Mergesort-par(\(A\)):
  let \(aux\) be a new array of length \(\ALengthOf{A}\)
  def inner(\(from\), \(to\), \(s\), \(e\)):
    if \(e-s < k\): // k is some small constant (32?) for "small sub-arrays"
      if \(A \neq to\):
        copy \(A[s,e]\) to \(to[s,e]\)
      insertion-sort(\(to\), \(s\), \(e\))
    else:
      \(m = \Floor{s + (e-s)/2}\)
      spawn inner(\(to\), \(from\), \(s\), \(m\))
      inner(\(to\), \(from\), \(m+1\), \(e\))
      sync
      merge-par(\(from\), \(s\), \(m\), \(m+1\), \(e\), \(to\), \(s\))
  inner(\(aux\), \(A\), \(1\), \(\ALengthOf{A}\))

Note the optimization swapping the original and auxiliary array references in the recursive calls to the inner function; in this way, there is no need to copy data back from the auxiliary array \(aux\) to the original array \(A\) inside the merge operation.

The book Introduction to Algorithms (Aalto access) gives (in Section 27.3, page 804) a “plain” version of the algorithm with no special handling of small sub-arrays but with more auxiliary memory use. For that version,

the work is \(\Oh{n \Lg{n}}\),
the span is \(\Lg^3n\), and
the parallelism is \(\Oh{n / \Lg^2n}\).

The proofs of these are not required in the course.

Experimental evaluation

The plot below shows a comparison between the first and the second parallel version when used to sort arrays of random integers. As we can see, very modest speedup is obtained compared to the first simple parallel version. This is probably because the memory bus of the computer is the bottleneck in this case: doing the computations inside the merges, i.e., comparing two integers, is quite cheap.

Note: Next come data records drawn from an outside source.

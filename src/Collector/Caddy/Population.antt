-- ===== src/Collector/Caddy/Population.antt =====
-- What the population of a Caddy host is (internal/collector/caddy.go).
use mathlib.Core.Path.{subst}
use statlite.Result.{ok, refuse, >>=-eq-ok, refuse-eq-ok, Result-cases, ok_injective}
use statlite.Float.{Float64}
use statlite.Collector.Model.{finite_nonnegative}
use statlite.Bytes.{ascii, Bytes, bytes_eq}
use statlite.Prometheus.{Sample}
use statlite.Prometheus.Samples.{read_digits}
use statlite.Prometheus.Exposition.Invariant.{IsKeptBy}
use statlite.Collector.Caddy.{
  bytes_lt, CaddyTuple, CaddyPopulation, CaddyTotals, caddy_max_tuples, in_status_range,
  status_code, find_tuple, set_tuple, insert_tuple, sort_tuples, no_tuple, is_count_value,
  fill_tuple, accept_tuple, accept, add_tuple, add_tuples, quote_labels, sort_labels, is_other,
  label_value, first_missing, required_labels, refuse_missing, is_ambiguous, duplicate_count,
  duplicate_duration, ambiguous_server, invalid_value, too_many_tuples, unmatched_tuple,
}
use statlite.Prelude.{
  ℕ, ◌+◌, ◌≤◌, ◌≡◌, inl, inr, Bool, true, false, not, ◌&&◌, ◌||◌, Option, none, some, List, [], ◌∷◌,
  arith, leb, ◌==◌, if◌then◌else◌, Bool-cases, Option-cases, is_some, get_or_else, length, All,
  some_injective,
}

in_status_range-bounds :
    (o : Option ℕ) (code : ℕ) → in_status_range o ≡ ok code → (100 ≤ code) × (code ≤ 599)
in_status_range-bounds none code h = cc
in_status_range-bounds (some c) code h = ground arith

status_code-bounds :
    (text : Bytes) (code : ℕ) → status_code text ≡ ok code → (100 ≤ code) × (code ≤ 599)
unfolding status_code
status_code-bounds text code h = elim (Bool-cases (length text == 3)) [
  | inl e ↦ in_status_range-bounds (read_digits 0 text) code (rw e at h)
  | inr e ↦ cc (rw e at h)
]

module _ {F : Type 0} ⦃fl : Float64 F⦄ where
  -- A tuple's status and values, those that it has.
  pub record IsTuple (t : CaddyTuple F) : Type 0 where
    pub code_low : 100 ≤ t.code
    pub code_high : t.code ≤ 599
    pub count_exact : t.has_count ≡ true → is_count_value t.count ≡ true
    pub count_finite : t.has_count ≡ true → finite_nonnegative t.count ≡ true
    pub sum_finite : t.has_sum ≡ true → finite_nonnegative t.sum ≡ true

  pub record IsPopulation (p : CaddyPopulation F) : Type 0 where
    pub size_within : length p.tuples ≤ caddy_max_tuples
    pub all_tuples : All (λ (e : Bytes × CaddyTuple F). IsTuple e.1) p.tuples

  length-set_tuple :
      (key : Bytes) (t : CaddyTuple F) (ts : List (Bytes × CaddyTuple F))
      → length (set_tuple key t ts)
        ≡ (if is_some (find_tuple key ts) then length ts else length ts + 1)
  unfolding set_tuple find_tuple
  length-set_tuple key t [] = omega arith
  length-set_tuple key t ((k, u) ∷ ts) = ground (arith, length-set_tuple key t ts)

  length-set_tuple-le :
      (limit : ℕ) (key : Bytes) (t : CaddyTuple F) (ts : List (Bytes × CaddyTuple F))
      → (not (is_some (find_tuple key ts)) && leb limit (length ts)) ≡ false
      → length ts ≤ limit
      → length (set_tuple key t ts) ≤ limit
  length-set_tuple-le limit key t ts h k = ground (arith, length-set_tuple key t ts)

  All-set_tuple :
      (P : CaddyTuple F → Type 0) (key : Bytes) (t : CaddyTuple F)
      (ts : List (Bytes × CaddyTuple F))
      → P t
      → All (λ (e : Bytes × CaddyTuple F). P e.1) ts
      → All (λ (e : Bytes × CaddyTuple F). P e.1) (set_tuple key t ts)
  unfolding set_tuple
  All-set_tuple P key t [] h k = (h, tt)
  All-set_tuple P key t ((j, u) ∷ ts) h k = elim (Bool-cases (bytes_eq j key)) [
    | inl e ↦ rw e (h, k.1)
    | inr e ↦ rw e (k.0, All-set_tuple P key t ts h k.1)
  ]

  All-find_tuple :
      (P : CaddyTuple F → Type 0) (key : Bytes) (ts : List (Bytes × CaddyTuple F))
      (t : CaddyTuple F)
      → All (λ (e : Bytes × CaddyTuple F). P e.1) ts
      → find_tuple key ts ≡ some t
      → P t
  unfolding find_tuple
  All-find_tuple P key [] t h e = cc
  All-find_tuple P key ((k, u) ∷ ts) t h e = elim (Bool-cases (bytes_eq k key)) [
    | inl f ↦ subst P (some_injective (rw f at e)) h.0
    | inr f ↦ All-find_tuple P key ts t h.1 (rw f at e)
  ]

  -- The values of a tuple that has no code yet.
  record HasValues (t : CaddyTuple F) : Type 0 where
    count_exact : t.has_count ≡ true → is_count_value t.count ≡ true
    count_finite : t.has_count ≡ true → finite_nonnegative t.count ≡ true
    sum_finite : t.has_sum ≡ true → finite_nonnegative t.sum ≡ true

  fill_tuple-IsTuple :
      (is_count : Bool) (code : ℕ) (value : F) (t u : CaddyTuple F)
      → (100 ≤ code) × (code ≤ 599)
      → finite_nonnegative value ≡ true
      → (is_count && not (is_count_value value)) ≡ false
      → HasValues t
      → fill_tuple is_count code value t ≡ ok u
      → IsTuple u
  unfolding fill_tuple
  fill_tuple-IsTuple true code value t u c f k h e =
      let (done, fresh, e') = >>=-eq-ok (refuse t.has_count duplicate_count) _ e in
      subst IsTuple (ok_injective e') (record {
        code_low = c.0;
        code_high = c.1;
        count_exact = λ _. ground arith;
        count_finite = λ _. f;
        sum_finite = h.sum_finite;
      })
  fill_tuple-IsTuple false code value t u c f k h e =
      let (done, fresh, e') = >>=-eq-ok (refuse t.has_sum duplicate_duration) _ e in
      subst IsTuple (ok_injective e') (record {
        code_low = c.0;
        code_high = c.1;
        count_exact = h.count_exact;
        count_finite = h.count_finite;
        sum_finite = λ _. f;
      })

  -- The tuple that a sample goes to has values of its own, or none.
  known-HasValues :
      (key : Bytes) (ts : List (Bytes × CaddyTuple F))
      → All (λ (e : Bytes × CaddyTuple F). IsTuple e.1) ts
      → HasValues (get_or_else (find_tuple key ts) no_tuple)
  known-HasValues key ts h = elim (Option-cases (find_tuple key ts)) [
    | inl e ↦
        rw e (record { count_exact = λ k. cc k; count_finite = λ k. cc k; sum_finite = λ k. cc k })
    | inr (t, e) ↦
        let is = All-find_tuple IsTuple key ts t h e in
        rw e (record {
          count_exact = is.count_exact;
          count_finite = is.count_finite;
          sum_finite = is.sum_finite;
        })
  ]

  accept_tuple-IsPopulation :
      (quote : Bytes → Bytes) (is_count : Bool) (p q : CaddyPopulation F) (sample : Sample F)
      → IsPopulation p
      → accept_tuple quote is_count p sample ≡ ok q
      → IsPopulation q
  unfolding accept_tuple
  accept_tuple-IsPopulation quote is_count p q sample is e =
      let (_, _, e1) =
        >>=-eq-ok (refuse_missing (first_missing sample.labels required_labels)) _ e in
      let (code, c, e2) =
        >>=-eq-ok (status_code (get_or_else (label_value (ascii "code") sample.labels) [])) _ e1 in
      let server = get_or_else (label_value (ascii "server") sample.labels) [] in
      let (_, _, e3) = >>=-eq-ok (refuse (is_ambiguous p.server server) ambiguous_server) _ e2 in
      let bad =
        not (finite_nonnegative sample.value) || (is_count && not (is_count_value sample.value)) in
      let (_, v, e4) = >>=-eq-ok (refuse bad invalid_value) _ e3 in
      let key = quote_labels quote (sort_labels sample.labels) in
      let known = find_tuple key p.tuples in
      let full = not (is_some known) && leb caddy_max_tuples (length p.tuples) in
      let (_, room, e5) = >>=-eq-ok (refuse full too_many_tuples) _ e4 in
      let (u, filled, e6) =
        >>=-eq-ok (fill_tuple is_count code sample.value (get_or_else known no_tuple)) _ e5 in
      let v' = refuse-eq-ok bad invalid_value v in
      let r' = refuse-eq-ok full too_many_tuples room in
      let tuple =
        fill_tuple-IsTuple is_count code sample.value (get_or_else known no_tuple) u
          (status_code-bounds _ code c) (ground arith) (ground arith)
          (known-HasValues key p.tuples is.all_tuples) filled in
      subst IsPopulation (ok_injective e6) (record {
        size_within = length-set_tuple-le caddy_max_tuples key u p.tuples r' is.size_within;
        all_tuples = All-set_tuple IsTuple key u p.tuples tuple is.all_tuples;
      })

  accept_tuple-keeps :
      (quote : Bytes → Bytes) (is_count : Bool) (p : CaddyPopulation F) (sample : Sample F)
      → IsPopulation p
      → IsKeptBy IsPopulation (accept_tuple quote is_count p sample)
  accept_tuple-keeps quote is_count p sample is =
      elim (Result-cases (accept_tuple quote is_count p sample)) [
        | inl (q, e) ↦ rw e (accept_tuple-IsPopulation quote is_count p q sample is e)
        | inr (f, e) ↦ rw e tt
      ]

  -- A sample of another population changes nothing.
  pub accept-keeps :
      (quote : Bytes → Bytes) (p : CaddyPopulation F) (sample : Sample F)
      → IsPopulation p
      → IsKeptBy IsPopulation (accept quote p sample)
  unfolding accept
  accept-keeps quote p sample is =
      let is_count = bytes_eq sample.name (ascii "caddy_http_request_duration_seconds_count") in
      let is_sum = bytes_eq sample.name (ascii "caddy_http_request_duration_seconds_sum") in
      elim (Bool-cases (not is_count && not is_sum)) [
        | inl e ↦ simp e is
        | inr e ↦ elim (Bool-cases (is_other (label_value (ascii "host") sample.labels) p.host)) [
          | inl f ↦ simp (e, f) is
          | inr f ↦
              elim (Bool-cases
                (is_other (label_value (ascii "handler") sample.labels) (ascii "subroute"))) [
                  | inl g ↦ simp (e, f, g) is
                  | inr g ↦ simp (e, f, g) (accept_tuple-keeps quote is_count p sample is)
                ]
        ]
      ]

  -- A tuple whose count and sum were both seen.
  abbrev pub IsMatched : CaddyTuple F → Type 0
  IsMatched t = (t.has_count ≡ true) × (t.has_sum ≡ true)

  pub add_tuples-IsMatched :
      (ts : List (Bytes × CaddyTuple F)) (start end : CaddyTotals F)
      → add_tuples start ts ≡ ok end
      → All (λ (e : Bytes × CaddyTuple F). IsMatched e.1) ts
  unfolding add_tuples add_tuple
  add_tuples-IsMatched [] start end h = tt
  add_tuples-IsMatched ((k, t) ∷ ts) start end h =
      let (next, one, rest) = >>=-eq-ok (add_tuple start t) (λ n. add_tuples n ts) h in
      let (_, both, _) =
        >>=-eq-ok (refuse (not t.has_count || not t.has_sum) unmatched_tuple) _ one in
      let e = refuse-eq-ok (not t.has_count || not t.has_sum) unmatched_tuple both in
      ((ground arith, ground arith), add_tuples-IsMatched ts next end rest)

  All-insert_tuple :
      (P : CaddyTuple F → Type 0) (k : Bytes) (t : CaddyTuple F) (ts : List (Bytes × CaddyTuple F))
      → All (λ (e : Bytes × CaddyTuple F). P e.1) (insert_tuple k t ts)
      → P t × All (λ (e : Bytes × CaddyTuple F). P e.1) ts
  unfolding insert_tuple
  All-insert_tuple P k t [] h = h
  All-insert_tuple P k t ((j, u) ∷ ts) h = elim (Bool-cases (bytes_lt j k)) [
    | inl e ↦
        let (one, rest) = rw e at h in
        let (new, others) = All-insert_tuple P k t ts rest in (new, (one, others))
    | inr e ↦ rw e at h
  ]

  pub All-sort_tuples :
      (P : CaddyTuple F → Type 0) (ts : List (Bytes × CaddyTuple F))
      → All (λ (e : Bytes × CaddyTuple F). P e.1) (sort_tuples ts)
      → All (λ (e : Bytes × CaddyTuple F). P e.1) ts
  unfolding sort_tuples
  All-sort_tuples P [] h = tt
  All-sort_tuples P ((k, t) ∷ ts) h =
      let (one, rest) = All-insert_tuple P k t (sort_tuples ts) h in
      (one, All-sort_tuples P ts rest)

If we perform the same comparison but now with arrays of shortish strings, we obtain speedup of about 1.5 compared to the simple version. In this case the comparisons require more computation and the memory bus is not always the bottleneck.

_images/mergesort-parallel-strings-2018.jpg

We also observe that Java’s parallel sort is bit more efficient than our simple parallel mergesort versions. The Java version/implementation that was used in the experiments performs parallel mergesort (with parallel merge) except that for sorting small sub-arrays, it performs either a version of quicksort (for primitive types such as integers) or TimSort (for object types such as strings).